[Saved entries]
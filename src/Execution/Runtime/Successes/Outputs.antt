-- ===== src/Execution/Runtime/Successes/Outputs.antt =====
-- From the handler's call to a successful result: what becomes of the handler's output.
use agent_actum.Base.{
  String, ◌≡◌, sym, ap, ◌∙◌, subst, inl, inr, true, Option, none, List, [], ◌∷◌, ◌++◌, Bool-cases,
  Option-cases, arith,
}
use agent_actum.Model.Json.{Value, dumps}
use agent_actum.Model.Exec.{ok, ◌>>=◌, lift-eq-ok, Result-cases}
use agent_actum.Model.Host.{Host}
use agent_actum.Contracts.Models.{ToolContract}
use agent_actum.Contracts.Registry.{RegisteredTool}
use agent_actum.Idempotency.Models.{IdempotencyClaim}
use agent_actum.Execution.Models.{ExecutionResult, execution_result-IsCoherent}
use agent_actum.Execution.Schema.{validate_against_schema, json_or_raise}
use agent_actum.Execution.Runtime.Defs.{Call, Handler, Runtime, Run, checks_pass}
use agent_actum.Execution.Runtime.Invocation.{
  invoke, succeed, verify_postconditions, verify_output, run_handler,
}
use agent_actum.Execution.Runtime.Paths.{Still-draw_from, Still-lift, Everywhere}
use agent_actum.Execution.Runtime.Paths.Behind.{reject_output-by, handler_failed-by}
use agent_actum.Execution.Runtime.Successes.{
  OnSuccess, Succeeds, Succeeds-Steps, finished, Succeeds-FailRules,
}

module _ {L I : Type 0} (h : Host) (rt : Runtime L I) (run : Run) where
  -- `succeed` returns the handler's output as it is.
  abbrev Written : Value → OnSuccess
  Written raw c c' a = (c' ≡ c) × (a.output ≡ raw) × (dumps raw ≡ true)

  json_or_raise-ok :
      (path : String) (raw v : Value)
      → json_or_raise path raw ≡ ok v
      → (v ≡ raw) × (dumps raw ≡ true)
  json_or_raise-ok path raw v e = (ground arith, ground arith)

  module _ (claim : Option IdempotencyClaim) where
    succeed-Written :
        (raw : Value)
        → Everywhere h rt run (Succeeds h rt run (Written raw)) 1 (succeed h rt run claim raw)
    unfolding succeed
    succeed-Written raw =
        let steps = Succeeds-Steps h rt run (Written raw) in
        steps.after _ 1 _ _ (Still-draw_from h rt h.clock) λ at _ u _.
          steps.after _ 1 _ _ (Still-lift _)
            (λ output v0 v json.
              steps.after _ 1 _ _ (Still-lift _)
                (λ r w' t made.
                  steps.event 0 _ _ _ _
                    (λ _ s z a e _.
                      let (same, calls) = finished h rt run (Written raw) claim r s z a e in
                      let (out, good) =
                        json_or_raise-ok "$" raw output (lift-eq-ok _ v0 v output json) in
                      let (fields, _) =
                        execution_result-IsCoherent h _ r (lift-eq-ok _ w' t r made) in
                      (
                        calls,
                        ap (λ q. q.output) (sym same) ∙ (ap (λ q. q.output) fields ∙ out),
                        good,
                      ))
                    t)
                v)
            u

    abbrev Passed : ToolContract → Value → OnSuccess
    Passed contract raw c c' a =
        (checks_pass rt.postconditions run.action contract run.context c ≡ true)
        × Written raw c c' a

    verify_postconditions-Passed :
        (contract : ToolContract) (raw : Value)
        → Everywhere h rt run
            (Succeeds h rt run (Passed contract raw))
            1
            (verify_postconditions h rt run claim contract raw)
    unfolding verify_postconditions
    verify_postconditions-Passed contract raw w t a e s =
        elim (Bool-cases (checks_pass rt.postconditions run.action contract run.context w.calls)) [
          | inl good ↦ (good, succeed-Written raw w t a (rw good at e) s)
          | inr bad ↦
              reject_output-by h rt run claim (Succeeds h rt run (Passed contract raw))
                (Succeeds-FailRules h rt run (Passed contract raw) claim) 0 _ _ _ none raw w t a
                (rw bad at e) s
        ]

    abbrev Verified : ToolContract → Value → OnSuccess
    Verified contract raw c c' a =
        (validate_against_schema h raw contract.output_schema.document ≡ none)
        × Passed contract raw c c' a

    verify_output-Verified :
        (contract : ToolContract) (raw : Value)
        → Everywhere h rt run
            (Succeeds h rt run (Verified contract raw))
            1
            (verify_output h rt run claim contract raw)
    unfolding verify_output
    verify_output-Verified contract raw w t a e s =
        elim (Option-cases (validate_against_schema h raw contract.output_schema.document)) [
          | inl good ↦ (
            good,
            verify_postconditions-Passed contract raw w t a (rw (good, verify_output) at e) s,
          )
          | inr (m, bad) ↦
              reject_output-by h rt run claim (Succeeds h rt run (Verified contract raw))
                (Succeeds-FailRules h rt run (Verified contract raw) claim) 0 _ m _ _ raw w t a
                (rw (bad, verify_output) at e) s
        ]

  -- The one invocation of the run, whose output is the result's: it satisfies the output schema,
  -- and all postconditions passed.
  pub record Achieved (tool : RegisteredTool Handler) (calls calls' : List Call)
      (r : ExecutionResult) : Type 0 where
    pub output : tool.handler run.action.arguments calls ≡ ok r.output
    pub invoked :
        calls'
        ≡ calls
          ++ record { tool_name = run.action.tool_name; arguments = run.action.arguments } ∷ []
    pub output_valid :
        validate_against_schema h r.output tool.contract.output_schema.document ≡ none
    pub serialisable : dumps r.output ≡ true
    pub verified : checks_pass rt.postconditions run.action tool.contract run.context calls' ≡ true

  module _ (claim : Option IdempotencyClaim) (tool : RegisteredTool Handler) where
    pub run_handler-Achieved :
        Everywhere h rt run (Succeeds h rt run (Achieved tool)) 1 (run_handler h rt run claim tool)
    unfolding run_handler invoke ◌>>=◌
    run_handler-Achieved w t a e s =
        elim (Result-cases (tool.handler run.action.arguments w.calls)) [
          | inr (x, raised) ↦ absurd (
              handler_failed-by h rt run claim (Succeeds h rt run (λ _ _ _. ⊥))
                (Succeeds-FailRules h rt run (λ _ _ _. ⊥) claim) 0 _ t a (rw raised at e) s)
          | inl (raw, answered) ↦
              let (valid, (passed, (calls, out, good))) =
                verify_output-Verified claim tool.contract raw _ t a (rw answered at e) s in
              record {
                output = answered ∙ ap ok (sym out);
                invoked = calls;
                output_valid =
                    subst
                      (λ v. validate_against_schema h v tool.contract.output_schema.document ≡ none)
                      (sym out) valid;
                serialisable = subst (λ v. dumps v ≡ true) (sym out) good;
                verified =
                    subst
                      (λ c.
                        checks_pass rt.postconditions run.action tool.contract run.context c ≡ true)
                      (sym calls) passed;
              }
        ]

== Your task ==
Show all lines in the entries above where the string "module" appears.

== Answer for the task ==
module _ {L I : Type 0} (h : Host) (rt : Runtime L I) (run : Run) where
  module _ (claim : Option IdempotencyClaim) where
  module _ (claim : Option IdempotencyClaim) (tool : RegisteredTool Handler) where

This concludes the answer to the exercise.